An In-Depth Overview of Crystal Structure Cataloguing and Its Importance in Materials Science

The paper "The AFLOW Library of Crystallographic Prototypes: Part 2" is the second instaLLMent in an effort to develop a comprehensive resource for the automatic generation of material structures. The research focuses on expanding the library of crystallographic prototypes, essential for high-throughput computational materials discovery, by introducing 302 new structure prototypes, complementing the initial 288 from Part 1.

Significance of High-Throughput Computing

High-throughput computing has revolutionized material science by enabling the exploration of vast material spaces. It has facilitated significant advancements, such as the prediction of novel materials with desired properties, including metallic glasses and high-entropy oxides. The integration of thermomechanical and symmetry analyses into these frameworks allows researchers to calculate and store a variety of material properties efficiently. The burgeoning databases like NoMaD, Materials Project, and OQMD are instrumental in this context, offering repositories that aid further research and material discovery.

The Role of Structural Prototypes

The primary focus of this paper is on crystalline structure prototypes – standardized representations of materials used as inputs for computational methods.
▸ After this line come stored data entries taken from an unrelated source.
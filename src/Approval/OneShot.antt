-- ===== src/Approval/OneShot.antt =====
-- The store of crates/opticcode-policy/src/approval.rs never honours a grant twice.
use optic_code.Approval.{
  ApprovalGrant, ApprovalStore, Codec, ConsumeCalls, NativeConfirmation, claim_name, claim_record,
  claimed, consume_at, consuming_name, issue_at, json_name, settle, take_record,
  validate_storage_id, write_file_at,
}
use optic_code.Approval.Binding.{ApprovalBinding, ApprovalError, invalid_record, missing, reused}
use optic_code.Prelude.{
  Bool, Option-cases, Result, [], ap, arith, err, inl, inr, is_ok, is_some, ok, refl, sym, true, ℕ,
  ◌++◌, ◌∙◌, ◌∷◌, ◌≡◌, ◌≢◌,
}
use optic_code.Text.{Text, bytes}

last : Text → ℕ
last [] = 0
last (c ∷ []) = c
last (_ ∷ c ∷ s) = last (c ∷ s)

last-append : (s : Text) (c : ℕ) (t : Text) → last (s ++ c ∷ t) ≡ last (c ∷ t)
unfolding last
last-append [] c t = refl
last-append (d ∷ []) c t = refl
last-append (d ∷ e ∷ s) c t = last-append (e ∷ s) c t

-- A claim file is none of the `.json` files.
claim-ne-json : (a b : Text) → claim_name a ≢ json_name b
unfolding bytes last
claim-ne-json a b e =
    let h =
      sym (last-append a 46 (99 ∷ 108 ∷ 97 ∷ 105 ∷ 109 ∷ []))
      ∙ ap last e
      ∙ last-append b 46 (106 ∷ 115 ∷ 111 ∷ 110 ∷ []) in
    ground arith

claim-ne-consuming : (a b : Text) → claim_name a ≢ consuming_name b
unfolding bytes last
claim-ne-consuming a b e =
    let h =
      sym (last-append a 46 (99 ∷ 108 ∷ 97 ∷ 105 ∷ 109 ∷ []))
      ∙ ap last e
      ∙ last-append b 45
          (99 ∷ 111 ∷ 110 ∷ 115 ∷ 117 ∷ 109 ∷ 105 ∷ 110 ∷ 103 ∷ 46 ∷ 106 ∷ 115 ∷ 111 ∷ 110 ∷ []) in
    ground arith

-- The claim of `k` is there.
abbrev pub IsClaimed : ApprovalStore → Text → Type 0
IsClaimed store k = is_some (store.used_dir (claim_name k)) ≡ true

module _ (codec : Codec) where
  -- No later operation of the store removes a claim.
  claim_record-keeps :
      (calls : ConsumeCalls) (id : Text) (observed : ApprovalBinding) (now : ℕ)
      (store : ApprovalStore) (content : Text) (k : Text)
      → IsClaimed store k
      → IsClaimed (claim_record codec calls id observed now store content).1 k
  unfolding claim_record take_record settle write_file_at
  claim_record-keeps calls id observed now store content k h =
      ground (arith, claim-ne-json k id, claim-ne-consuming k id)

  consume_at-keeps :
      (calls : ConsumeCalls) (store : ApprovalStore) (id : Text) (observed : ApprovalBinding)
      (now : ℕ) (k : Text)
      → IsClaimed store k
      → IsClaimed (consume_at codec calls store id observed now).1 k
  unfolding consume_at
  consume_at-keeps calls store id observed now k h =
      elim (Option-cases (store.active_dir (json_name id))) [
        | inr e ↦ ground arith
        | inl (content, e) ↦
            ground (arith, claim_record-keeps calls id observed now store content k h)
      ]

  issue_at-keeps :
      (store : ApprovalStore) (id : Text) (created : Bool) (binding : ApprovalBinding)
      (confirmation : NativeConfirmation) (ttl now : ℕ) (k : Text)
      → IsClaimed store k
      → IsClaimed (issue_at codec store id created binding confirmation ttl now).1 k
  unfolding issue_at
  issue_at-keeps store id created binding confirmation ttl now k h = ground arith

-- The outcomes that spend a grant: it was accepted, or refused for what it was compared with.
abbrev pub IsSpent : Result ApprovalError ApprovalGrant → Type 0
IsSpent (ok _) = Unit
IsSpent (err missing) = ⊥
IsSpent (err reused) = ⊥
IsSpent (err invalid_record) = ⊥
IsSpent (err _) = Unit

module _ (codec : Codec) where
  take_record-keeps :
      (calls : ConsumeCalls) (id : Text) (observed : ApprovalBinding) (now : ℕ)
      (store : ApprovalStore) (content : Text) (k : Text)
      → IsClaimed store k
      → IsClaimed (take_record codec calls id observed now store content).1 k
  unfolding take_record settle write_file_at
  take_record-keeps calls id observed now store content k h =
      ground (arith, claim-ne-json k id, claim-ne-consuming k id)

  claimed-IsClaimed : (store : ApprovalStore) (id : Text) → IsClaimed (claimed store id) id
  unfolding write_file_at
  claimed-IsClaimed store id = ground arith

  claim_record-IsClaimed :
      (calls : ConsumeCalls) (id : Text) (observed : ApprovalBinding) (now : ℕ)
      (store : ApprovalStore) (content : Text)
      → IsSpent (claim_record codec calls id observed now store content).0
      → IsClaimed (claim_record codec calls id observed now store content).1 id
  unfolding claim_record
  claim_record-IsClaimed calls id observed now store content h = ground (
    arith,
    claimed-IsClaimed store id,
    take_record-keeps calls id observed now (claimed store id) content id,
  )

  consume_at-IsClaimed :
      (calls : ConsumeCalls) (store : ApprovalStore) (id : Text) (observed : ApprovalBinding)
      (now : ℕ)
      → IsSpent (consume_at codec calls store id observed now).0
      → IsClaimed (consume_at codec calls store id observed now).1 id
        × (is_ok (validate_storage_id id) ≡ true)
  unfolding consume_at
  consume_at-IsClaimed calls store id observed now h =
      elim (Option-cases (store.active_dir (json_name id))) [
        | inr e ↦ (ground arith, ground arith)
        | inl (content, e) ↦ (
          ground (arith, claim_record-IsClaimed calls id observed now store content),
          ground arith,
        )
      ]

  -- What can happen to a store: a grant is issued, or one is presented, with any answers of the system.
  pub data StoreStep : ApprovalStore → ApprovalStore → Type 0 where
    issued :
        (s : ApprovalStore) (id : Text) (created : Bool) (binding : ApprovalBinding)
        (confirmation : NativeConfirmation) (ttl now : ℕ)
        → StoreStep s (issue_at codec s id created binding confirmation ttl now).1
    presented :
        (s : ApprovalStore) (calls : ConsumeCalls) (id : Text) (observed : ApprovalBinding)
        (now : ℕ)
        → StoreStep s (consume_at codec calls s id observed now).1

  pub data StoreReach (s : ApprovalStore) : ApprovalStore → Type 0 where
    here : StoreReach s s
    later : {t u : ApprovalStore} → StoreReach s t → StoreStep t u → StoreReach s u

  StoreStep-IsClaimed :
      (k : Text) {s t : ApprovalStore} → StoreStep s t → IsClaimed s k → IsClaimed t k
  StoreStep-IsClaimed k (issued s id created binding confirmation ttl now) h =
      issue_at-keeps codec s id created binding confirmation ttl now k h
  StoreStep-IsClaimed k (presented s calls id observed now) h =
      consume_at-keeps codec calls s id observed now k h

  StoreReach-IsClaimed :
      (k : Text) {s t : ApprovalStore} → StoreReach s t → IsClaimed s k → IsClaimed t k
  StoreReach-IsClaimed k here h = h
  StoreReach-IsClaimed k (later r step) h = StoreStep-IsClaimed k step (StoreReach-IsClaimed k r h)

  claimed_is_reused :
      (calls : ConsumeCalls) (store : ApprovalStore) (id : Text) (observed : ApprovalBinding)
      (now : ℕ)
      → IsClaimed store id
      → is_ok (validate_storage_id id) ≡ true
      → (consume_at codec calls store id observed now).0 ≡ err reused
  unfolding consume_at
  claimed_is_reused calls store id observed now h v = ground arith

  -- A grant is spent by its first comparison. Once a presentation was accepted, or refused for expiry
  -- or for drift, then after any further issues and presentations in the store every presentation of
  -- the same grant is answered "already consumed".
  pub consume_at-one_shot :
      (calls : ConsumeCalls) (store : ApprovalStore) (id : Text) (observed : ApprovalBinding)
      (now : ℕ) (t : ApprovalStore) (calls' : ConsumeCalls) (observed' : ApprovalBinding) (now' : ℕ)
      → IsSpent (consume_at codec calls store id observed now).0
      → StoreReach (consume_at codec calls store id observed now).1 t
      → (consume_at codec calls' t id observed' now').0 ≡ err reused
  consume_at-one_shot calls store id observed now t calls' observed' now' h r =
      let (claim, valid) = consume_at-IsClaimed calls store id observed now h in
      claimed_is_reused calls' t id observed' now' (StoreReach-IsClaimed id r claim) valid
These prototypes provide the foundation for designing new materials by substituting different atomic constituents into known structures. This systematic approach increases the likelihood of discovering synthesizable materials with desired properties. However, accessibility to such structured data has been limited, prompting the need for an easily accessible library like AFLOW.

Expanding the AFLOW Library

The expansion of the AFLOW library to include an additional 302 prototypes ensures diversity by encompassing structures from 138 additional space groups. The library now includes 590 unique crystallographic prototypes, covering all 230 space groups. This completion is vital for offering comprehensive structural representations essential for the high-throughput computational tasks that underpin modern materials science research.

Architectural Foundations and Technical Details

The paper provides detailed methodologies for constructing these prototypes, including the definitions of primitive and conventional cells across various crystal systems. Moreover, the paper illustrates the use of Wigner-Seitz cells, emphasizing their utility in defining unit cells clearly. The research also explores the two-dimensional plane groups, offering an essential perspective for layered materials like graphene.

Space Group Symbology

An integral component of the paper is the discussion on various space group notations including the Hermann-Mauguin, Hall, and Schӧnflies symbols, each serving a different aspect of crystallography. These standardizations are critical for ensuring consistent communication among researchers about crystal structures and symmetries.

Practical Implications and Future Directions

This library not only serves as a pivotal tool for computational materials scientists but also lays the groundwork for future extensions in the realms of automated materials design. As high-throughput methods continue to evolve, the library can facilitate the rapid deployment of computational workflows aimed at exploring novel material spaces. The expansion of such libraries promises potential breakthroughs in the development of materials with unprecedented properties.

In conclusion, "The AFLOW Library of Crystallographic Prototypes: Part 2" significantly contributes to the infrastructure necessary for advancing computational material science. By making a comprehensive set of structural prototypes available, the research fosters innovation in the design and discovery of new materials, which is essential for meeting the scientific and technological challenges of tomorrow.